EXERCISE INSTRUCTIONS - Which lines below hold the word "turns"? Report each one.
◇ ◇ ◇ ◇ ◇ ◇ ◇
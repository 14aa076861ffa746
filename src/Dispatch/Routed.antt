-- ===== src/Dispatch/Routed.antt =====
-- The loop of `dispatchWithFailover` with the choice of `selectWorkerExcluding`, both of
-- pkg/router/dispatch.go.
use infermesh.Prelude.{
  ℕ, ◌≡◌, refl, subst, sym, ap, String, Bool, Option, List, [], ◌∷◌, Memᴰ, ℤ, ◌==◌, if◌then◌else◌,
}
use infermesh.Protocol.{WorkerInfo}
use infermesh.Protocol as P
use infermesh.Floats.{Float64}
use infermesh.Scheduler as Sched
use infermesh.Scheduler.Select.{ScoringAlgorithm}
use infermesh.Candidates.{WorkerQueueStats, select_worker_excluding}
use infermesh.Candidates.Exclusion.{select_worker_excluding-excluded}
use infermesh.Dispatch.{
  Err, Result, ok, err, Attempt, err_no_matching_workers, err_all_workers_unavailable, other,
  dispatch_with_failover,
}
use infermesh.Dispatch.Outcomes.{Asks, dispatch-Asks}

abbrev sentinel : Sched.Error → Err
sentinel Sched.no_matching_workers = err_no_matching_workers ∷ []
sentinel Sched.all_workers_unavailable = err_all_workers_unavailable ∷ []
sentinel Sched.no_capacity = other "no capacity" ∷ []
sentinel Sched.worker_unavailable = other "worker unavailable" ∷ []

module _ (fl : Float64) where
  open fl use {Val}

  abbrev named : Sched.Result (P.WorkerInfo Val) → Result String
  named (Sched.ok w) = ok w.id
  named (Sched.err e) = err (sentinel e)

  -- What the selection finds of the router at one turn.
  pub record View : Type 0 where
    pub now : ℕ
    pub include_unloaded : Bool
    pub load_model : P.WorkerInfo Val → Bool
    pub load : P.WorkerInfo Val → Option (WorkerQueueStats Val)
    pub throughput : P.WorkerInfo Val → Option Val
    pub cache : List (P.WorkerInfo Val)

  module _ (addr : String → ℤ → String) (format : Val → String) (algo : ScoringAlgorithm Val)
      (sort : List (P.WorkerInfo Val) → List (P.WorkerInfo Val))
      (sort_views : List (Sched.WorkerInfo Val) → List (Sched.WorkerInfo Val))
      (model : String) where
    abbrev pub selects : View → List String → Sched.Result (P.WorkerInfo Val)
    selects v excluded =
        select_worker_excluding fl addr format algo v.now v.include_unloaded v.load_model sort
          sort_views v.load v.throughput model v.cache excluded

    -- The turns of a dispatch of the router, which finds the view `views k` at the turn `k`.
    abbrev pub routed : {Body : Type 0} → (ℕ → View) → (ℕ → Attempt Body) → ℕ → Attempt Body
    routed views turns k = record (turns k) {
      select_excluding = λ excluded. named (selects (views k) excluded);
    }

    named-id :
        (r : Sched.Result (P.WorkerInfo Val)) (id : String) (excluded : List String)
        → ((w : P.WorkerInfo Val) → r ≡ Sched.ok w → ¬ Memᴰ w.id excluded)
        → named r ≡ ok id
        → ¬ Memᴰ id excluded
    named-id (Sched.ok w) id excluded f h m =
        f w refl (subst (λ i. Memᴰ i excluded) (sym (ap got h)) m)
      where
        got : Result String → String
        got (ok i) = i
        got (err e) = w.id
    named-id (Sched.err e) id excluded f h m = cc

    -- Where `sort` brings no worker into a list, a dispatch of the router, whatever its cache, load and
    -- scores at each turn, sends the request to no worker twice, and to at most as many as it has
    -- attempts.
    pub routed-Asks :
        {Body : Type 0} (views : ℕ → View) (turns : ℕ → Attempt Body) (max : ℕ)
        → ((x : P.WorkerInfo Val) (ws : List (P.WorkerInfo Val)) → Memᴰ x (sort ws) → Memᴰ x ws)
        → Asks
            (if max == 0 then 1 else max)
            []
            (dispatch_with_failover (routed views turns) model max).1
    routed-Asks views turns max s = dispatch-Asks (routed views turns) model max (λ k excluded id h.
        named-id (selects (views k) excluded) id excluded
          (λ w e.
            select_worker_excluding-excluded fl addr format algo (views k).now
              (views k).include_unloaded (views k).load_model sort sort_views (views k).load
              (views k).throughput model (views k).cache excluded w s e)
          h)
◇ ◇ ◇ ◇ ◇ ◇ ◇
RESPONSE TO THE EXERCISE -
    -- The turns of a dispatch of the router, which finds the view `views k` at the turn `k`.
    routed views turns k = record (turns k) {
        {Body : Type 0} (views : ℕ → View) (turns : ℕ → Attempt Body) (max : ℕ)
            (dispatch_with_failover (routed views turns) model max).1
    routed-Asks views turns max s = dispatch-Asks (routed views turns) model max (λ k excluded id h.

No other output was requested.